WORKING DATA:
[Start of Attachment]
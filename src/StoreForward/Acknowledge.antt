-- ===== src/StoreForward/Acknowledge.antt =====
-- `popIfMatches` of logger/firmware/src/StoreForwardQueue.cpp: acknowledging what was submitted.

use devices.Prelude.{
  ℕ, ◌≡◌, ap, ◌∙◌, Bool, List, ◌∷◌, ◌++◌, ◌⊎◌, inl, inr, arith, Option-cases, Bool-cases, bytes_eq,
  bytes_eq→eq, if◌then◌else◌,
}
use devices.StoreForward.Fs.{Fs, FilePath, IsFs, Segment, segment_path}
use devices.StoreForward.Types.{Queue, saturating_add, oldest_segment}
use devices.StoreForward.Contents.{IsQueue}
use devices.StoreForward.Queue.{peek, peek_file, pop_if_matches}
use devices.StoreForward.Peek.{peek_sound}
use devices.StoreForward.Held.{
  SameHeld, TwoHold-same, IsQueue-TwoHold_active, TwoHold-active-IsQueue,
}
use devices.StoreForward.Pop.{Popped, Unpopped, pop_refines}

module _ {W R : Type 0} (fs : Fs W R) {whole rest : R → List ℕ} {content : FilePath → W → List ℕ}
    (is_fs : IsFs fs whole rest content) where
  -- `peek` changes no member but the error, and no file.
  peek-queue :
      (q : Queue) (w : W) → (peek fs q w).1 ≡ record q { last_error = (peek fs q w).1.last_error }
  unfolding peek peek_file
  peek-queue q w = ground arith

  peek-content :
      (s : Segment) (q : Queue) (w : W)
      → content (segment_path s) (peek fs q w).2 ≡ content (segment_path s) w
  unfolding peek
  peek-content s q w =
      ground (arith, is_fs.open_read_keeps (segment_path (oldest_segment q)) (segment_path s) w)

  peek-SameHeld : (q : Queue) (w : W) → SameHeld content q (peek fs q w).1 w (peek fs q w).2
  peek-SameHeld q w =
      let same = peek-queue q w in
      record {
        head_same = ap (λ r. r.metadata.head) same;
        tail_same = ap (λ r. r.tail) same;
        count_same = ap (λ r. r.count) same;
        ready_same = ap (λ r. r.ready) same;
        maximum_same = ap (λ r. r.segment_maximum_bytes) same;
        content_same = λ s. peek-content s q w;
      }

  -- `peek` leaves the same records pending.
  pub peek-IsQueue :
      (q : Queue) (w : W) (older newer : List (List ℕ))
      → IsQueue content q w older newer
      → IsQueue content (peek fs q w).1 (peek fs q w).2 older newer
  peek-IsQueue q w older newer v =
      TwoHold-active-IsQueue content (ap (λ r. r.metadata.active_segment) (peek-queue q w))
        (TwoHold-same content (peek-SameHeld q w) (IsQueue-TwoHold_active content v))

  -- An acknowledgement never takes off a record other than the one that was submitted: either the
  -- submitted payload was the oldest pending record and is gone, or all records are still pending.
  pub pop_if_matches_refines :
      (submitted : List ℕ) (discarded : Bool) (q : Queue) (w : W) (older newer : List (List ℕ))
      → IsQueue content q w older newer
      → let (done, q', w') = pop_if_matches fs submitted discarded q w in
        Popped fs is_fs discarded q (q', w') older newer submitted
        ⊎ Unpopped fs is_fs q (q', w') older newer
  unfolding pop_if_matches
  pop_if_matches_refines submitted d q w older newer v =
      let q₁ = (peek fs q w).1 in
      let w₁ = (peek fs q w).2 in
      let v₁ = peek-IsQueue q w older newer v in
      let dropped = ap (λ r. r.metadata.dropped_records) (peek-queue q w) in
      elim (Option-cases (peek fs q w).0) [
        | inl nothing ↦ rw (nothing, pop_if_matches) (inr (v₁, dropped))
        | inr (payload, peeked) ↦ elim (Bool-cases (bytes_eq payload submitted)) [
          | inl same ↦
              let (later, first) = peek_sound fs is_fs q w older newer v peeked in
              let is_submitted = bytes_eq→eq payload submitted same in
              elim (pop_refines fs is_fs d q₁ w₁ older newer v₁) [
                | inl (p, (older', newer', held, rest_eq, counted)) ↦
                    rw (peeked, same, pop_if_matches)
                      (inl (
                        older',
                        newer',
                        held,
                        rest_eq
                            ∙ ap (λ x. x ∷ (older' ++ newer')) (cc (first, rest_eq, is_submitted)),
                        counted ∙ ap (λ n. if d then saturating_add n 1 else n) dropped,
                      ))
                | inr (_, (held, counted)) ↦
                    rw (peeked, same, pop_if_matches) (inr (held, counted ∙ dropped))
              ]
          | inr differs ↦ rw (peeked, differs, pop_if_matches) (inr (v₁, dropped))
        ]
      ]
[End of Attachment]
WHAT THE TASK REQUIRES: Retype the material exactly, including every line.

OUTPUT FOR THIS EXERCISE:
filename src/StoreForward/Acknowledge.antt
-- ===== src/StoreForward/Acknowledge.antt =====
-- `popIfMatches` of logger/firmware/src/StoreForwardQueue.cpp: acknowledging what was submitted.

use devices.Prelude.{
  ℕ, ◌≡◌, ap, ◌∙◌, Bool, List, ◌∷◌, ◌++◌, ◌⊎◌, inl, inr, arith, Option-cases, Bool-cases, bytes_eq,
  bytes_eq→eq, if◌then◌else◌,
}
use devices.StoreForward.Fs.{Fs, FilePath, IsFs, Segment, segment_path}
use devices.StoreForward.Types.{Queue, saturating_add, oldest_segment}
use devices.StoreForward.Contents.{IsQueue}
use devices.StoreForward.Queue.{peek, peek_file, pop_if_matches}
use devices.StoreForward.Peek.{peek_sound}
use devices.StoreForward.Held.{
  SameHeld, TwoHold-same, IsQueue-TwoHold_active, TwoHold-active-IsQueue,
}
use devices.StoreForward.Pop.{Popped, Unpopped, pop_refines}

module _ {W R : Type 0} (fs : Fs W R) {whole rest : R → List ℕ} {content : FilePath → W → List ℕ}
    (is_fs : IsFs fs whole rest content) where
  -- `peek` changes no member but the error, and no file.
  peek-queue :
      (q : Queue) (w : W) → (peek fs q w).1 ≡ record q { last_error = (peek fs q w).1.last_error }
  unfolding peek peek_file
  peek-queue q w = ground arith

  peek-content :
      (s : Segment) (q : Queue) (w : W)
      → content (segment_path s) (peek fs q w).2 ≡ content (segment_path s) w
  unfolding peek
  peek-content s q w =
      ground (arith, is_fs.open_read_keeps (segment_path (oldest_segment q)) (segment_path s) w)

  peek-SameHeld : (q : Queue) (w : W) → SameHeld content q (peek fs q w).1 w (peek fs q w).2
  peek-SameHeld q w =
      let same = peek-queue q w in
      record {
        head_same = ap (λ r. r.metadata.head) same;
        tail_same = ap (λ r. r.tail) same;
        count_same = ap (λ r. r.count) same;
        ready_same = ap (λ r. r.ready) same;
        maximum_same = ap (λ r. r.segment_maximum_bytes) same;
        content_same = λ s. peek-content s q w;
      }

  -- `peek` leaves the same records pending.
  pub peek-IsQueue :
      (q : Queue) (w : W) (older newer : List (List ℕ))
      → IsQueue content q w older newer
      → IsQueue content (peek fs q w).1 (peek fs q w).2 older newer
  peek-IsQueue q w older newer v =
      TwoHold-active-IsQueue content (ap (λ r. r.metadata.active_segment) (peek-queue q w))
        (TwoHold-same content (peek-SameHeld q w) (IsQueue-TwoHold_active content v))

  -- An acknowledgement never takes off a record other than the one that was submitted: either the
  -- submitted payload was the oldest pending record and is gone, or all records are still pending.
  pub pop_if_matches_refines :
      (submitted : List ℕ) (discarded : Bool) (q : Queue) (w : W) (older newer : List (List ℕ))
      → IsQueue content q w older newer
      → let (done, q', w') = pop_if_matches fs submitted discarded q w in
        Popped fs is_fs discarded q (q', w') older newer submitted
        ⊎ Unpopped fs is_fs q (q', w') older newer
  unfolding pop_if_matches
  pop_if_matches_refines submitted d q w older newer v =
      let q₁ = (peek fs q w).1 in
      let w₁ = (peek fs q w).2 in
      let v₁ = peek-IsQueue q w older newer v in
      let dropped = ap (λ r. r.metadata.dropped_records) (peek-queue q w) in
      elim (Option-cases (peek fs q w).0) [
        | inl nothing ↦ rw (nothing, pop_if_matches) (inr (v₁, dropped))
        | inr (payload, peeked) ↦ elim (Bool-cases (bytes_eq payload submitted)) [
          | inl same ↦
              let (later, first) = peek_sound fs is_fs q w older newer v peeked in
              let is_submitted = bytes_eq→eq payload submitted same in
              elim (pop_refines fs is_fs d q₁ w₁ older newer v₁) [
                | inl (p, (older', newer', held, rest_eq, counted)) ↦
                    rw (peeked, same, pop_if_matches)
                      (inl (
                        older',
                        newer',
                        held,
                        rest_eq
                            ∙ ap (λ x. x ∷ (older' ++ newer')) (cc (first, rest_eq, is_submitted)),
                        counted ∙ ap (λ n. if d then saturating_add n 1 else n) dropped,
                      ))
                | inr (_, (held, counted)) ↦
                    rw (peeked, same, pop_if_matches) (inr (held, counted ∙ dropped))
              ]
          | inr differs ↦ rw (peeked, differs, pop_if_matches) (inr (v₁, dropped))
        ]
      ]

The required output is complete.